In colloquial Palestinian Arabic, a vowel can be added to increase intensity:

أحي ("aHi")
أحو ("aHu")

The added vowels can be lengthened for even more intensity.


----------



## Spectre scolaire

The Dano-Norwegian word expressing “brrr” is a hilarious huttetu. 

Danish: Huttetu! Det er saa koldt!, “Brrr, it’s so cold!”

Norwegian: Huttetu, så kaldt det er!
 ​


----------



## kareno999

Qcumber said:


> How do you say "brrr" in other languages? [Please don't forget to mention what language it is.  ]


Is it just a word or actually the sound you guys make when feeling cold?
In the latter case, we use an *inhaling *sound like s in Chinese.


----------



## Rolley

*Hungarian:* Brrrr, de hideg van!

It's an imitative word, so we say it.


----------



## black.x.white

kareno999 said:


> Is it just a word or actually the sound you guys make when feeling cold?
> In the latter case, we use an *inhaling *sound like s in Chinese.

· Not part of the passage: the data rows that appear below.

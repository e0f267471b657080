-- ===== src/Paging/LowerHalf.antt =====
-- arch/x86_64/src/paging.rs: `free_lower_half`: what is given back, and what is left.
use aion_so.Base.{
  ℕ, suc, ◌+◌, ◌<◌, ◌≤◌, ◌≡◌, refl, sym, ap, ◌∙◌, Bool, true, false, List, [], ◌∷◌, ◌++◌, none,
  arith, ◌≢◌, inl, inr, ◌⊎◌, Bool-cases, length,
}
use aion_so.Hal.Frame.{PhysFrame}
use aion_so.Paging.Entries.{is_set, huge, table_indices, index_at, is_canonical, kernel_space_base}
use aion_so.Paging.Tree.{Entries, links, points_to, IsTree, IsIndices, visit-absent, visit_alike}
use aion_so.Paging.Indices.{table_indices_bounds}
use aion_so.Paging.Leaf.{translate_at, translate_not}
use aion_so.Paging.Copying.{high_index, low_index}
use aion_so.Paging.Unmapping.{IsSpace}
use aion_so.Base.Distinct.{Among, Among-++, Among-left, Among-right, Distinct, Distinct-++}
use aion_so.Paging.Below.{
  below, Descends, Descends-rank, Descends-unique, Hangs, below-Hangs, below-Distinct, Hangs-below,
}
use aion_so.Paging.Freeing.{hand_back, free_lower_half}
use aion_so.Paging.Handing.{given, given-++}
use aion_so.Paging.Releasing.{Cleared, free_slots_lem}
use aion_so.Paging.{PageTables, translate, translate_from}

-- Walks from below the root do not look at the root.
root_unseen :
    (rank : ℕ → ℕ) (m m' : Entries) (root : ℕ)
    → IsTree rank m
    → rank root ≡ 0
    → ((a i : ℕ) → a ≢ root → m' a i ≡ m a i)
    → (va k : ℕ) (is : List ℕ) (t : ℕ) (w : Bool) → IsIndices is
    → rank t ≡ suc k
    → k < 3
    → suc k + length is ≡ 4
    → translate_from m' va (suc k) is t w ≡ translate_from m va (suc k) is t w
unfolding translate_from
root_unseen rank m m' root tr top same va k [] t w hi r lt d = refl
root_unseen rank m m' root tr top same va k (i ∷ is) t w hi r lt d =
    visit_alike m m' va (suc k) i is t t w (same t i (λ p. omega (arith, ap rank p)))
      (λ on h.
        root_unseen rank m m' root tr top same va (suc k) is (points_to (m t i)) _ hi.1
          (omega (arith, tr.deeper t i (omega arith) hi.0 on)) (omega arith) (omega arith))
      (omega arith)

-- The tables of the lower half, the root last.
abbrev pub lower_tables : PageTables → List ℕ
lower_tables t = below t.access.entries 3 t.root 256 ++ t.root ∷ []

-- The lower half translates to nothing, the upper half as before.
pub record Emptied (t t' : PageTables) : Type 0 where
  pub lower : (va : ℕ) → va < kernel_space_base → translate t' va ≡ none
  pub kernel : (va : ℕ) → kernel_space_base ≤ va → translate t' va ≡ translate t va

module _ (rank : ℕ → ℕ) (t : PageTables) (s : IsSpace rank t) where
  -- The root, and the tables that hang on the lower half of its entries.
  abbrev pub IsLower : ℕ → Type 0
  IsLower a = (a ≡ t.root) ⊎ Hangs rank t.access.entries s.tree t.root 256 a

  -- A list of the tables of the lower half, none of them a table of the kernel's.
  pub record Returned (tables : List ℕ) : Type 0 where
    pub once : Distinct tables
    pub only : (a : ℕ) → Among tables a → IsLower a
    pub all : (a : ℕ) → IsLower a → Among tables a
    pub not_shared :
        (i a : ℕ)
        → 256 ≤ i
        → i < 512
        → links (t.access.entries t.root i) ≡ true
        → Descends rank t.access.entries s.tree (points_to (t.access.entries t.root i)) a
        → ¬ (Among tables a)

  child_rank :
      (i : ℕ)
      → i < 512
      → links (t.access.entries t.root i) ≡ true
      → rank (points_to (t.access.entries t.root i)) ≡ 1
  child_rank i hi on = omega (arith, s.tree.deeper t.root i (omega (arith, s.top)) hi on, s.top)

  Descends-low : (c a : ℕ) → rank c ≤ 3 → Descends rank t.access.entries s.tree c a → rank a ≤ 3
  Descends-low c a h (Descends.here e) = omega (arith, ap rank e)
  Descends-low c a h (Descends.down u i d lt hi on e) =
      omega (arith, s.tree.deeper u i lt hi on, ap rank e)

  Hangs-rank :
      (a : ℕ) → Hangs rank t.access.entries s.tree t.root 256 a → (1 ≤ rank a) × (rank a ≤ 3)
  Hangs-rank a (i, li, on, de) =
      let one = child_rank i (omega arith) on in
      (
        omega (arith, Descends-rank rank t.access.entries s.tree _ a de, one),
        Descends-low (points_to (t.access.entries t.root i)) a (omega (arith, one)) de,
      )

  lower_tables-Among : (a : ℕ) → Among (lower_tables t) a → IsLower a
  unfolding Among
  lower_tables-Among a h = elim (Among-++ (below t.access.entries 3 t.root 256) (t.root ∷ []) a h) [
    | inl p ↦ inr (
        below-Hangs rank t.access.entries s.tree 3 t.root 256 a (omega (arith, s.top)) (omega arith)
          p)
    | inr (inl e) ↦ inl e
    | inr (inr p) ↦ absurd p
  ]

  IsLower-Among : (a : ℕ) → IsLower a → Among (lower_tables t) a
  unfolding Among
  IsLower-Among a (inl e) =
      Among-right (below t.access.entries 3 t.root 256) (t.root ∷ []) a (inl e)
  IsLower-Among a (inr h) =
      let (low, high) = Hangs-rank a h in
      Among-left (below t.access.entries 3 t.root 256) (t.root ∷ []) a (
        Hangs-below rank t.access.entries s.tree 3 t.root 256 a (omega (arith, s.top)) (omega arith)
          (omega (arith, s.top, low)) (omega (arith, s.top, high)) h)

  lower_tables-Distinct : Distinct (lower_tables t)
  unfolding Among Distinct
  lower_tables-Distinct =
      Distinct-++ (below t.access.entries 3 t.root 256) (t.root ∷ [])
        (below-Distinct rank t.access.entries s.tree 3 t.root 256 (omega (arith, s.top))
          (omega arith))
        ((λ a h. absurd h), tt)
        (λ a p q. elim q [
          | inl e ↦ omega (
            arith,
            ap rank e,
            s.top,
            (Hangs-rank a (
                below-Hangs rank t.access.entries s.tree 3 t.root 256 a (omega (arith, s.top))
                  (omega arith) p)).0,
          )
          | inr h ↦ h
        ])

  kernel_apart :
      (i a : ℕ)
      → 256 ≤ i
      → i < 512
      → links (t.access.entries t.root i) ≡ true
      → Descends rank t.access.entries s.tree (points_to (t.access.entries t.root i)) a
      → ¬ (IsLower a)
  kernel_apart i a lo hi on de (inl e) = omega (
    arith,
    Descends-rank rank t.access.entries s.tree _ a de,
    child_rank i hi on,
    ap rank e,
    s.top,
  )
  kernel_apart i a lo hi on de (inr (j, lj, on', de')) =
      let same =
        Descends-unique rank t.access.entries s.tree _ _ a de de'
          (child_rank i hi on ∙ sym (child_rank j (omega arith) on')) in
      let (_, at) =
        s.tree.single t.root i t.root j (omega (arith, s.top)) hi on (omega (arith, s.top))
          (omega arith) on' same in
      omega arith

  returned : Returned (lower_tables t)
  returned = record {
    once = lower_tables-Distinct;
    only = lower_tables-Among;
    all = IsLower-Among;
    not_shared = λ i a lo hi on de h. kernel_apart i a lo hi on de (lower_tables-Among a h);
  }

  emptied :
      (t' : PageTables)
      → t'.root ≡ t.root
      → Cleared t.access.entries t'.access.entries t.root 256
      → Emptied t t'
  unfolding table_indices
  emptied t' root cleared = record {
    lower = λ va h. elim (Bool-cases (is_canonical va)) [
      | inr off ↦ translate_not t' va off
      | inl on ↦
          translate_at t' va on
          ∙ rw root (
              visit-absent t'.access.entries va 0 (index_at va 39) _ t.root true
                (cleared.gone (index_at va 39) (low_index va h on)))
    ];
    kernel = λ va h. elim (Bool-cases (is_canonical va)) [
      | inr off ↦ translate_not t' va off ∙ sym (translate_not t va off)
      | inl on ↦
          let hi : IsIndices (table_indices va) = table_indices_bounds va in
          translate_at t' va on
          ∙ rw root (
              visit_alike t.access.entries t'.access.entries va 0 (index_at va 39)
                (index_at va 30 ∷ index_at va 21 ∷ index_at va 12 ∷ []) t.root t.root true
                (cleared.above (index_at va 39) (high_index va h on))
                (λ linked _.
                  root_unseen rank t.access.entries t'.access.entries t.root s.tree s.top
                    cleared.other va 0 _ (points_to (t.access.entries t.root (index_at va 39))) _
                    hi.1 (child_rank (index_at va 39) hi.0 linked) (omega arith) (omega arith))
                (omega arith))
          ∙ sym (translate_at t va on)
    ];
  }

  -- On page tables that form a tree with writable links, with no large-page entry in the lower half
  -- of the root: `free_lower_half` hands its closure a list of tables one after another. The list
  -- has the root and every table that hangs on the lower half of it, each once and nothing else,
  -- and so no table that the kernel's half leads to. Afterwards the lower half translates to
  -- nothing, and every address of kernel space as before.
  pub free_lower_half_lem :
      {G : Type 0} (give_back : G → PhysFrame → G × Bool) (g : G)
      → ((i : ℕ) → i < 256 → is_set (t.access.entries t.root i) huge ≡ false)
      → let r = free_lower_half give_back t g in
        (r.1 ≡ given give_back (record { owner = g; count = 0 }) (lower_tables t))
        × (Returned (lower_tables t) × Emptied t r.0)
  unfolding free_lower_half given
  free_lower_half_lem give_back g small =
      let (cleared, handed) =
        free_slots_lem give_back rank t.access.entries t.root s.tree s.top 256 (omega arith) small
          (record { owner = g; count = 0 }) in
      (
        ap (λ h. hand_back give_back h t.root) handed
            ∙ sym (given-++ give_back _ (below t.access.entries 3 t.root 256) (t.root ∷ [])),
        (returned, emptied _ refl cleared),
      )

I've heard people actually say "brrr" when they're cold. I'm sure it's not reflexive, but they say it because they think that that's the sound they're supposed to be making xD

After seeing this thread, I asked my mother (who's Chinese) what the onomatopoeic sound for being cold was, and she said, "冷還要發聲音嗎? o___o;" ("You're supposed to make a sound when you're cold?"


----------



## Setwale_Charm

* Russian:* Бррр, как холодно!


----------



## OldAvatar

Romanian:

Brrrr, ce ger este!


----------



## 0stsee

In Indonesian:

*Brrr, dingin amat sih!!*

Funny that many languages have actually the same form.


----------



## Setwale_Charm

0stsee said:


> Funny that many languages have actually the same form.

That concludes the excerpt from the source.